In the meantime, genomics labs are running into another challenge: These files are too massive to transfer over most networks. As a result, many groups are relying on what Dwan dubbed “SneakerNet” — researchers are physically moving data on disks down the hall or to another building for data analysis or backup.
Clark described just such a situation at Harvard, where the polony sequencing lab is not connected to the storage network, so researchers use removable drives to move data from workstation to workstation for analysis.
Butcher noted that it’s impractical to move terabytes of data around a network for analysis, no matter how robust that network may be. “The best way to move terabytes of data is still disk,” he said.
Butcher said his team at the Sanger Institute is exploring ways of processing the data “closer to the machine,” rather than sending the data all around the network. While noting that he’s “still in the process of finding the right tools for doing that,” he said that “data localization and minimal movement around the network are key.”

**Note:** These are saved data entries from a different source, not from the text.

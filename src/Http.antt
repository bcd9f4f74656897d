-- ===== src/Http.antt =====
-- proxy/http.rs: the HTTP handlers. The HTTP client is a parameter; a handler gives its response
-- and its calls of the metrics helpers. A handler reads the shared state more than once, and the
-- monitor may write in between, so each read has a state of its own.
pub mod Url
pub mod Forward
pub mod Routing
pub mod Interleaved
pub mod Failover
use vixy.Prelude.{
  ℕ, Bool, ◌||◌, List, [], ◌∷◌, ◌++◌, map, Option, none, some, Text, bytes, text_eq, is_empty,
  starts_with, strip_prefix, trim_end_matches, if◌then◌else◌,
}
use vixy.State.{ElNodeState, ClNodeState, AppState}
use vixy.Selection.{select_el_node, select_cl_node}
use vixy.Monitor.{tier}
use vixy.Health.El.{unwrap_or}
use vixy.Metrics.{
  MetricCall, inc_el_requests, observe_el_duration, inc_cl_requests, observe_cl_duration,
}

-- A header's value, as a text if it is one.
pub record HeaderValue : Type 0 where
  pub to_str : Option Text

-- `body` is `none` where the body cannot be read.
pub record Request : Type 0 where
  pub method : Text
  pub path : Text
  pub query : Option Text
  pub content_type : Option HeaderValue
  pub body : Option Text

pub record Response : Type 0 where
  pub status : ℕ
  pub body : Text

-- What the client is asked to send.
pub record OutRequest : Type 0 where
  pub method : Text
  pub url : Text
  pub content_type : Option Text
  pub body : Option Text
  pub timeout_ms : ℕ

-- A reply has a status, and its body if that can be read.
pub data Sent : Type 0 where
  replied : ℕ → Option Text → Sent
  timed_out failed : Sent

-- The HTTP client and the status codes of its library, and the nanoseconds that a handler ran.
pub record Client : Type 0 where
  pub send : OutRequest → Sent
  pub from_u16 : ℕ → Option ℕ
  pub elapsed : ℕ

abbrev pub default_timeout_ms : ℕ
default_timeout_ms = 30000

abbrev pub bad_request : Response
bad_request = record { status = 400; body = bytes "Failed to read request body" }

abbrev pub gateway_timeout : Response
gateway_timeout = record { status = 504; body = bytes "Request timed out" }

abbrev pub bad_gateway : Text → Response
bad_gateway message = record { status = 502; body = message }

abbrev pub unavailable : Text → Response
unavailable message = record { status = 503; body = message }

abbrev pub upstream_failed : Text
upstream_failed = bytes "Upstream request failed"

abbrev pub upstream_unread : Text
upstream_unread = bytes "Failed to read upstream response"

abbrev pub no_el_node : Text
no_el_node = bytes "No healthy EL node available"

abbrev pub no_cl_node : Text
no_cl_node = bytes "No healthy CL node available"

module _ (client : Client) where
  open client use {send, from_u16, elapsed}

  -- `convert_response`
  unfoldable pub convert_response : ℕ → Option Text → Response
  convert_response status none = bad_gateway upstream_unread
  convert_response status (some body) = record {
    status = unwrap_or (from_u16 status) 500;
    body = body;
  }

  -- The `match` on the result of `send`.
  unfoldable pub answer : Sent → Response
  unfolding convert_response
  answer (replied status body) = convert_response status body
  answer timed_out = gateway_timeout
  answer failed = bad_gateway upstream_failed

  -- `headers().get("content-type").and_then(|v| v.to_str().ok())`
  abbrev pub header_text : Option HeaderValue → Option Text
  header_text none = none
  header_text (some v) = v.to_str

  unfoldable pub forward_request : Request → Text → Response
  unfolding answer
  forward_request request target_url = elim request.body [
    | none ↦ bad_request
    | some body_bytes ↦ answer (
        send (record {
          method = request.method;
          url = target_url;
          content_type = header_text request.content_type;
          body = some body_bytes;
          timeout_ms = default_timeout_ms;
        }))
  ]

  -- An empty body is not attached.
  unfoldable pub forward_request_to_url : Request → Text → Response
  unfolding answer
  forward_request_to_url request target_url = elim request.body [
    | none ↦ bad_request
    | some body_bytes ↦ answer (
        send (record {
          method = request.method;
          url = target_url;
          content_type = header_text request.content_type;
          body = if is_empty body_bytes then none else some body_bytes;
          timeout_ms = default_timeout_ms;
        }))
  ]

  -- The flag is loaded in state `early`, the nodes are read in state `state`.
  unfoldable pub el_proxy_handler : AppState → AppState → Request → Response × List MetricCall
  el_proxy_handler early state request =
      elim (select_el_node state.el_nodes early.el_failover_active) [
        | none ↦ (unavailable no_el_node, [])
        | some n ↦ (
          forward_request request n.http_url,
          inc_el_requests n.name (tier n.is_primary)
              ∷ observe_el_duration n.name (tier n.is_primary) elapsed
              ∷ [],
        )
      ]

-- The path behind `/cl`, and the URL that it names below the node's URL.
unfoldable pub stripped_path : Text → Text
stripped_path path =
    unwrap_or
      (elim (strip_prefix (bytes "/cl/") path) [
        | some p ↦ some p
        | none ↦ strip_prefix (bytes "/cl") path
      ])
      path

unfoldable pub cl_path : Text → Text
unfolding stripped_path
cl_path path =
    let p = stripped_path path in
    if is_empty p || text_eq p (bytes "/") then [] else if starts_with (bytes "/") p then p else p

abbrev pub query_text : Option Text → Text
query_text none = []
query_text (some q) = bytes "?" ++ q

unfoldable pub join_url : Text → Text → Option Text → Text
join_url base_url p query =
    if is_empty p
    then base_url ++ query_text query
    else if starts_with (bytes "/") p
    then base_url ++ (p ++ query_text query)
    else base_url ++ (bytes "/" ++ (p ++ query_text query))

unfoldable pub full_url : Text → Text → Option Text → Text
full_url target_url path query = join_url (trim_end_matches b'/' target_url) (cl_path path) query

unfoldable pub cl_proxy_handler : Client → AppState → Request → Response × List MetricCall
cl_proxy_handler client state request = elim (select_cl_node state.cl_nodes) [
  | none ↦ (unavailable no_cl_node, [])
  | some n ↦ (
    forward_request_to_url client request (full_url n.url request.path request.query),
    inc_cl_requests n.name ∷ observe_cl_duration n.name client.elapsed ∷ [],
  )
]

pub record ElNodeStatus : Type 0 where
  pub name : Text
  pub http_url : Text
  pub is_primary : Bool
  pub block_number : ℕ
  pub lag : ℕ
  pub check_ok : Bool
  pub is_healthy : Bool

pub record ClNodeStatus : Type 0 where
  pub name : Text
  pub url : Text
  pub slot : ℕ
  pub lag : ℕ
  pub health_ok : Bool
  pub is_healthy : Bool

pub record StatusResponse : Type 0 where
  pub el_chain_head : ℕ
  pub cl_chain_head : ℕ
  pub el_failover_active : Bool
  pub el_nodes : List ElNodeStatus
  pub cl_nodes : List ClNodeStatus

abbrev pub el_status : ElNodeState → ElNodeStatus
el_status n = record {
  name = n.name;
  http_url = n.http_url;
  is_primary = n.is_primary;
  block_number = n.block_number;
  lag = n.lag;
  check_ok = n.check_ok;
  is_healthy = n.is_healthy;
}

abbrev pub cl_status : ClNodeState → ClNodeStatus
cl_status n = record {
  name = n.name;
  url = n.url;
  slot = n.slot;
  lag = n.lag;
  health_ok = n.health_ok;
  is_healthy = n.is_healthy;
}

-- The heads and the flag are loaded in state `s₀`, the EL nodes read in `s₁`, the CL nodes in `s₂`.
unfoldable pub status_handler : AppState → AppState → AppState → StatusResponse
status_handler s₀ s₁ s₂ = record {
  el_chain_head = s₀.el_chain_head;
  cl_chain_head = s₀.cl_chain_head;
  el_failover_active = s₀.el_failover_active;
  el_nodes = map el_status s₁.el_nodes;
  cl_nodes = map cl_status s₂.cl_nodes;
}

Dwan said that he is taking a similar approach with the system at the Navy Medical Research hospital, with the goal of “bringing the compute to the data.”

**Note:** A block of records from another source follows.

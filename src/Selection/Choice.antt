-- ===== src/Selection/Choice.antt =====
-- The contract of the two selection functions, and when they find no node.
use vixy.Prelude.{
  ◌≡◌, refl, ◌↔◌, ◌⊎◌, inl, inr, List, [], ◌∷◌, ◌++◌, map, find, any, All, All-append, All-map,
  Bool, not, true, false, none, some, Bool-cases, arith,
}
use vixy.Config.{Config}
use vixy.State.{ElNodeState, ClNodeState, new, el_from_config, cl_from_config}
use vixy.Selection.{healthy_primary, healthy_backup, select_el_node, select_cl_node}

module _ {ℓ} {A : Type ℓ} where
  -- `x` passes the test and stands in `xs`, and nothing before it passes.
  pub record IsFirst (p : A → Bool) (xs : List A) (x : A) : Type ℓ where
    pub before : List A
    pub after : List A
    pub split : xs ≡ before ++ x ∷ after
    pub passes : p x ≡ true
    pub skipped : All (λ y. p y ≡ false) before

  find_sound : (p : A → Bool) (xs : List A) {x : A} → find p xs ≡ some x → IsFirst p xs x
  find_sound p [] e = ground arith
  find_sound p (y ∷ xs) {x} e = elim (Bool-cases (p y)) [
    | inl hit ↦ record {
      before = [];
      after = xs;
      split = ground arith;
      passes = ground arith;
      skipped = tt;
    }
    | inr miss ↦
        let ih = find_sound p xs {x = x} (ground arith) in
        record {
          before = y ∷ ih.before;
          after = ih.after;
          split = ground (arith, ih.split);
          passes = ih.passes;
          skipped = (miss, ih.skipped);
        }
  ]

  pub find_complete :
      (p : A → Bool) (before after : List A) (x : A)
      → p x ≡ true
      → All (λ y. p y ≡ false) before
      → find p (before ++ x ∷ after) ≡ some x
  find_complete p [] after x h s = ground arith
  find_complete p (y ∷ before) after x h s = ground (arith, find_complete p before after x h s.1)

  pub find_iff : (p : A → Bool) (xs : List A) (x : A) → (find p xs ≡ some x) ↔ IsFirst p xs x
  find_iff p xs x =
      (find_sound p xs, λ f. rw f.split (find_complete p f.before f.after x f.passes f.skipped))

  pub find-none_iff : (p : A → Bool) (xs : List A) → (find p xs ≡ none) ↔ All (λ y. p y ≡ false) xs
  find-none_iff p [] = ground arith
  find-none_iff p (y ∷ xs) = ground (arith, find-none_iff p xs)

-- With the failover flag `f`, an EL node is chosen exactly when it is the first healthy primary,
-- or when no primary is healthy, `f` is set, and it is the first healthy backup.
pub select_el_node_iff :
    (nodes : List ElNodeState) (f : Bool) (n : ElNodeState)
    → (select_el_node nodes f ≡ some n) ↔ (
        IsFirst healthy_primary nodes n
        ⊎ (All (λ m. healthy_primary m ≡ false) nodes
            × (f ≡ true)
            × IsFirst healthy_backup nodes n))
unfolding select_el_node
select_el_node_iff nodes f n = ground (
  arith,
  find_iff healthy_primary nodes n,
  find_iff healthy_backup nodes n,
  find-none_iff healthy_primary nodes,
)

-- A CL node is chosen exactly when it is the first healthy one.
pub select_cl_node_iff :
    (nodes : List ClNodeState) (n : ClNodeState)
    → (select_cl_node nodes ≡ some n) ↔ IsFirst (λ m. m.is_healthy) nodes n
unfolding select_cl_node
select_cl_node_iff nodes n = find_iff (λ m. m.is_healthy) nodes n

All-unhealthy_iff :
    (nodes : List ElNodeState)
    → (All (λ m. healthy_primary m ≡ false) nodes × All (λ m. healthy_backup m ≡ false) nodes)
      ↔ All (λ m. m.is_healthy ≡ false) nodes
All-unhealthy_iff [] = ground arith
All-unhealthy_iff (m ∷ nodes) = ground (arith, All-unhealthy_iff nodes)

-- In failover, an EL request finds no node exactly when every node is unhealthy.
pub select_el_node-none_lem :
    (nodes : List ElNodeState)
    → (select_el_node nodes true ≡ none) ↔ All (λ m. m.is_healthy ≡ false) nodes
unfolding select_el_node
select_el_node-none_lem nodes = ground (
  arith,
  find-none_iff healthy_primary nodes,
  find-none_iff healthy_backup nodes,
  All-unhealthy_iff nodes,
)

pub any-false_iff {ℓ} :
    {A : Type ℓ} (p : A → Bool) (xs : List A) → (any p xs ≡ false) ↔ All (λ x. p x ≡ false) xs
any-false_iff p [] = ground arith
any-false_iff p (x ∷ xs) = ground (arith, any-false_iff p xs)

All-primary_of_unhealthy :
    (nodes : List ElNodeState)
    → All (λ m. m.is_healthy ≡ false) nodes
    → All (λ m. healthy_primary m ≡ false) nodes
All-primary_of_unhealthy nodes h = ((All-unhealthy_iff nodes).1 h).0

pub unselected-primary :
    (nodes : List ElNodeState) (f : Bool)
    → select_el_node nodes f ≡ none
    → All (λ m. healthy_primary m ≡ false) nodes
unfolding select_el_node
unselected-primary nodes f e = ground (arith, find-none_iff healthy_primary nodes)

-- Where the flag is set exactly when no primary is healthy, a request finds no node exactly when
-- all nodes are unhealthy.
pub select_el_node-flag :
    (nodes : List ElNodeState) (f : Bool)
    → f ≡ not (any healthy_primary nodes)
    → (select_el_node nodes f ≡ none) ↔ All (λ m. m.is_healthy ≡ false) nodes
select_el_node-flag nodes f e = elim (Bool-cases (any healthy_primary nodes)) [
  | inl some_primary ↦ (
    λ n.
        absurd
          (ground (arith, (any-false_iff healthy_primary nodes).1 (unselected-primary nodes f n))),
    λ h. absurd (
        ground (arith, (any-false_iff healthy_primary nodes).1 (All-primary_of_unhealthy nodes h))),
  )
  | inr no_primary ↦ let on : f ≡ true = ground arith in rw on (select_el_node-none_lem nodes)
]

select_el_node-unhealthy :
    (nodes : List ElNodeState) (f : Bool)
    → All (λ m. m.is_healthy ≡ false) nodes
    → select_el_node nodes f ≡ none
unfolding select_el_node
select_el_node-unhealthy nodes f h = ground (
  arith,
  find-none_iff healthy_primary nodes,
  find-none_iff healthy_backup nodes,
  All-unhealthy_iff nodes,
)

-- Before the first health check no request is served, whatever the configuration and the flag.
new-selects_none :
    (config : Config) (f : Bool)
    → (select_el_node (new config).el_nodes f ≡ none)
      × (select_cl_node (new config).cl_nodes ≡ none)
unfolding new select_cl_node el_from_config cl_from_config
new-selects_none config f = (
  select_el_node-unhealthy _ f (
      All-append (λ m. m.is_healthy ≡ false) (map _ config.el.primary) (map _ config.el.backup)
        (All-map _ _ config.el.primary (λ n. refl)) (All-map _ _ config.el.backup (λ n. refl))),
  (find-none_iff _ _).1 (All-map _ cl_from_config config.cl (λ n. refl)),
)

-- A CL request finds no node exactly when all CL nodes are unhealthy.
pub select_cl_node-none_lem :
    (nodes : List ClNodeState)
    → (select_cl_node nodes ≡ none) ↔ All (λ m. m.is_healthy ≡ false) nodes
unfolding select_cl_node
select_cl_node-none_lem nodes = find-none_iff (λ m. m.is_healthy) nodes

-- With the flag not set, a request finds no node if no primary is healthy.
pub select_el_node-off :
    (nodes : List ElNodeState)
    → any healthy_primary nodes ≡ false
    → select_el_node nodes false ≡ none
unfolding select_el_node
select_el_node-off nodes e =
    ground (arith, find-none_iff healthy_primary nodes, any-false_iff healthy_primary nodes)

-- The chosen node stands in the list and is healthy.
pub select_el_node-healthy :
    (nodes : List ElNodeState) (f : Bool) (n : ElNodeState)
    → select_el_node nodes f ≡ some n
    → (n.is_healthy ≡ true)
      × (before : List ElNodeState) × (after : List ElNodeState) × (nodes ≡ before ++ n ∷ after)
select_el_node-healthy nodes f n e = elim ((select_el_node_iff nodes f n).0 e) [
  | inl h ↦ (ground (arith, h.passes), h.before, h.after, h.split)
  | inr (_, _, h) ↦ (ground (arith, h.passes), h.before, h.after, h.split)
]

The Broad Institute has already found one approach that appears to work for that problem. Bloom said that Broad has found Sun’s so called “Thumper” data server — the Sun Fire X4500 — is able to process and store data from the Illumina system on a single system, which eliminates the need to transfer files across the network.
Each X4500 can process images for two Illumina Genome Analyzers and store two weeks’ to a month’s worth of data, she said, noting that while the approach appears to be a viable solution to one challenge, “we have solved only some of the problems” raised by next-gen sequencing.